Share

Drama Bagus

Author: El Nurien
last update Last Updated: 2024-11-20 16:37:32

"Biasanya berapa lama bertahan?"

"Mungkin tahunan. Hanya saja, karena biasanya untuk konsumsi pribadi jadi tidak pernah menghitung berapa lama dan tidak memerhatikan perubahannya warna dan struktur. Biasanya ada endapan putih yang muncul. Kalau dikonsumsi pribadi, endapan itu tidak masalah, karena putih itu seperti garam yang mengkristal. Tapi kalau untuk dijual … Semoga saja kali ini berhasil." 

"Santai saja. Tuh akhirnya juga sambil dijual 'kan?"

"Iya, tapi masih dalam bentuk basah. Itupun hanya bisa dititip pada Acil Imai yang pulang pergi ke Kal Teng. Dijual secara curah. Belum bisa dijual dengan kemasan produk dan melalang buana ke mana saja."

"Santai saja. Anggap itu rencana jarak panjang dan kafe itu sebagai pelepas lelahmu."

Teratai mengangguk. 

"Oh iya, Wahda jago bikin es krim. Coba kau ajak dia. Siapa tau bisa kalian cocok. Kalian bisa saling menguntungkan. Kamu bisa menambah menu, dia bisa reliks"

Teratai meluruskan badannya. Matanya menyipit "Boleh dicoba."

"Nanti aku coba telpon Arsa." 

*** 

"Sanad mengundangmu ke kafe Teratai. Barangkali kamu menyukai. Aku sering santai ke sana."

Gerakan Wahda terhenti mendengar cerita Arsa. Ia kembali memasukkan pakaiannya ke dalam box pakaian yang telah disiapkan Arsa. 

"Masih sepi, tapi lumayan untuk santai. Tempatnya juga nyaman." 

Wahda meluruskan badannya ke arah Arsa. "Arsa, kamu sering ke kafe Teratai?"

Arsa mengangguk. Ia mengambil alih box yang dipegang Wahda.

“Kamu masih menyimpan rasa pada  Teratai?” tanya Wahda. Gerakan Arsa terhenti. Ia kembali meletakkan box itu ke atas ranjang, lalu menjentikkan jarinya ke jidat Wahda.

“Aku masih normal. Aku memang playboy. Tapi tidak akan mengembat punya saudaraku sendiri.”

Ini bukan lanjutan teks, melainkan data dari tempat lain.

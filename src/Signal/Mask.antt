-- ===== src/Signal/Mask.antt =====
-- src/signal.c: the signal mask, and the pending signals that it blocks.
pub mod Change
pub mod Pending
use nucleo_tests.Base.{
  ℕ, Bool, true, false, not, ◌&&◌, Option, none, some, List, [], ◌∷◌, bit_and, bit_or,
  if◌then◌else◌,
}
use nucleo_tests.Base.Bits.{complement}
use nucleo_tests.Base.Int.{ℤ, pos, leb_ℤ, eqb_ℤ, minus_one}
use nucleo_tests.Signal.State.{SignalQueueItem, Signals, einval, eintr}
use nucleo_tests.Signal.Sets.{sigismember, sigaddset, sigemptyset}
use nucleo_tests.Signal.Queue.{is_free, pendsv_interrupt_raise}

-- The values of `how` that the toolchain's <signal.h> names, and all others.
pub data How : Type 0 where
  sig_block sig_setmask sig_unblock : How
  other : ℤ → How

-- What is written to `*oset` comes second.
unfoldable pub sigprocmask : How → Option ℕ → Signals → ℤ × ℕ × Signals
sigprocmask how none s = (pos 0, s.procmask, s)
sigprocmask sig_block (some set) s =
    (pos 0, s.procmask, record s { procmask = bit_or s.procmask set })
sigprocmask sig_setmask (some set) s =
    (pos 0, s.procmask, pendsv_interrupt_raise (record s { procmask = set }))
sigprocmask sig_unblock (some set) s = (
  pos 0,
  s.procmask,
  pendsv_interrupt_raise (record s { procmask = bit_and s.procmask (complement 32 set) }),
)
sigprocmask (other _) (some set) s = (minus_one, s.procmask, record s { errno = einval })

module _ (wild_shift : ℤ → ℕ) where
  unfoldable pub sigholdrel : How → ℤ → Signals → ℤ × Signals
  sigholdrel how sig s =
      if leb_ℤ sig (pos 0)
      then (minus_one, record s { errno = einval })
      else (let (_, _, s') = sigprocmask how (some (sigaddset wild_shift sigemptyset sig)) s in
          (pos 0, s'))

  unfoldable pub sighold : ℤ → Signals → ℤ × Signals
  sighold sig s = sigholdrel sig_block sig s

  unfoldable pub sigrelse : ℤ → Signals → ℤ × Signals
  sigrelse sig s = sigholdrel sig_unblock sig s

  -- The loop of `sigpending`, from some slot on, with the set so far.
  unfoldable pub pending_from : ℕ → List SignalQueueItem → ℕ → ℕ
  pending_from blocked [] set = set
  pending_from blocked (item ∷ items) set = pending_from blocked items (
      if not (is_free item) && sigismember wild_shift blocked item.info.si_signo
      then sigaddset wild_shift set item.info.si_signo
      else set)

  -- It reads the mask by a `sigprocmask` with no set.
  unfoldable pub sigpending : Signals → ℤ × ℕ × Signals
  unfolding sigprocmask
  sigpending s =
      let (_, blocked, s') = sigprocmask sig_setmask none s in
      (pos 0, pending_from blocked s'.items sigemptyset, s')

-- There is no wait between the two changes of the mask.
unfoldable pub sigsuspend : Option ℕ → Signals → ℤ × Signals
unfolding sigprocmask
sigsuspend sigmask s =
    let (_, saved_mask, s1) = sigprocmask sig_setmask sigmask s in
    let (_, _, s2) = sigprocmask sig_setmask (some saved_mask) s1 in
    (minus_one, record s2 { errno = eintr })
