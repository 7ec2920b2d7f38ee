-- ===== src/Signal/Sets/Laws.antt =====
-- Membership in a `sigset_t`.
use nucleo_tests.Base.{
  ℕ, suc, ◌^◌, ◌<◌, ◌≡◌, ◌∙◌, arith, Bool, true, false, not, ◌&&◌, ◌||◌, ◌==◌, lt→ltb, bit_or,
  bit_and,
}
use nucleo_tests.Base.Bits.{
  test_bit, test_bit-bit_and, test_bit-bit_or, test_bit-complement, test_bit-two_pow, test_bit-zero,
  bit_and-two_pow, complement, two_pow-lt_word, test_bit-ones,
}
use nucleo_tests.Base.Int.{ℤ, pos}
use nucleo_tests.Signal.Sets.{sigismember, sigaddset, sigdelset, sigemptyset, sigfillset}

module _ (wild_shift : ℤ → ℕ) where
  -- A signal that a set can hold has the bit below its number.
  pub sigismember_bit :
      (set n : ℕ) → n < 32 → sigismember wild_shift set (pos (suc n)) ≡ test_bit set n
  unfolding sigismember
  sigismember_bit set n h = rw (lt→ltb n 32 h, bit_and-two_pow) (not_not (test_bit set n))
    where
      not_not : (b : Bool) → not (not b) ≡ b
      not_not b = ground arith

  -- The signals from 1 to 32: `sigaddset` puts in its signal and no other, `sigdelset` takes out
  -- its signal and no other, no signal is in the empty set and each is in the full one.
  pub sigismember_laws :
      (set i j : ℕ)
      → i < 32
      → j < 32
      → (sigismember wild_shift (sigaddset wild_shift set (pos (suc i))) (pos (suc j))
          ≡ ((i == j) || sigismember wild_shift set (pos (suc j))))
        × (sigismember wild_shift (sigdelset wild_shift set (pos (suc i))) (pos (suc j))
            ≡ (not (i == j) && sigismember wild_shift set (pos (suc j))))
        × (sigismember wild_shift sigemptyset (pos (suc j)) ≡ false)
        × (sigismember wild_shift sigfillset (pos (suc j)) ≡ true)
  unfolding sigaddset sigdelset
  sigismember_laws set i j hi hj = rw (lt→ltb i 32 hi) (
    sigismember_bit (bit_or set (2 ^ i)) j hj
        ∙ (test_bit-bit_or j set (2 ^ i)
            ∙ ground (arith, sigismember_bit set j hj, test_bit-two_pow i j)),
    sigismember_bit (bit_and set (complement 32 (2 ^ i))) j hj
        ∙ (test_bit-bit_and j set (complement 32 (2 ^ i))
            ∙ ground (
              arith,
              sigismember_bit set j hj,
              test_bit-two_pow i j,
              test_bit-complement 32 j (2 ^ i) hj (two_pow-lt_word i hi),
            )),
    sigismember_bit 0 j hj ∙ test_bit-zero j,
    sigismember_bit sigfillset j hj ∙ test_bit-ones j hj,
  )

“Aku tanya apa yang kau masih punya rasa sama Teratai,” sungut Wahda sambil mengusap dahinya yang sakit.

“Sudahlah. Kalau sudah kita pergi sekarang."

Wahda meraih tangan Arsa. "Sa, aku serius. Kalau memang kamu masih menyukainya, lebih baik berhenti sekarang. Jangan lagi ke tempatnya." 

Arsa mengembuskan napasnya. "Aku tau kamu masih trauma dengan sesuatu yang bernama rasa. Tapi jangan samakan aku dengan suamimu yang tidak tahu terima kasih itu. Kuakui, aku tidak bisa mengenyahkan perasaanku padanya begitu saja, tapi aku mempunyai cara untuk membentengi diri. Adapun aku sering ke sana, karena tempat itu memang cocok untuk santai. Aku juga sering ajak cewek-cewek aku ke sana."

"Cewek-cewek?!" ejek Wahda. 

Arsa memasang wajah cengir. "Bukan salahku kalau aku ganteng," ucap Arsa sambil membetulkan kerah bajunya.

Mata Wahda membelalak, lalu menjulurkan lidahnya.

"Sudahlah. Kita balik sekarang." 

Wahda mengangguk, lalu mengedarkan pandangannya sejenak, memastikan tidak ada barangnya yang tertinggal.

***

Wahda dan Arsa memelankan langkahnya. Di luar terlihat orang berkerumun, dan beberapa orang perawat menatap sekilas pada mereka lalu saling berbisik. Hingga sampai di teras rumah sakit, keduanya saling bersitatap.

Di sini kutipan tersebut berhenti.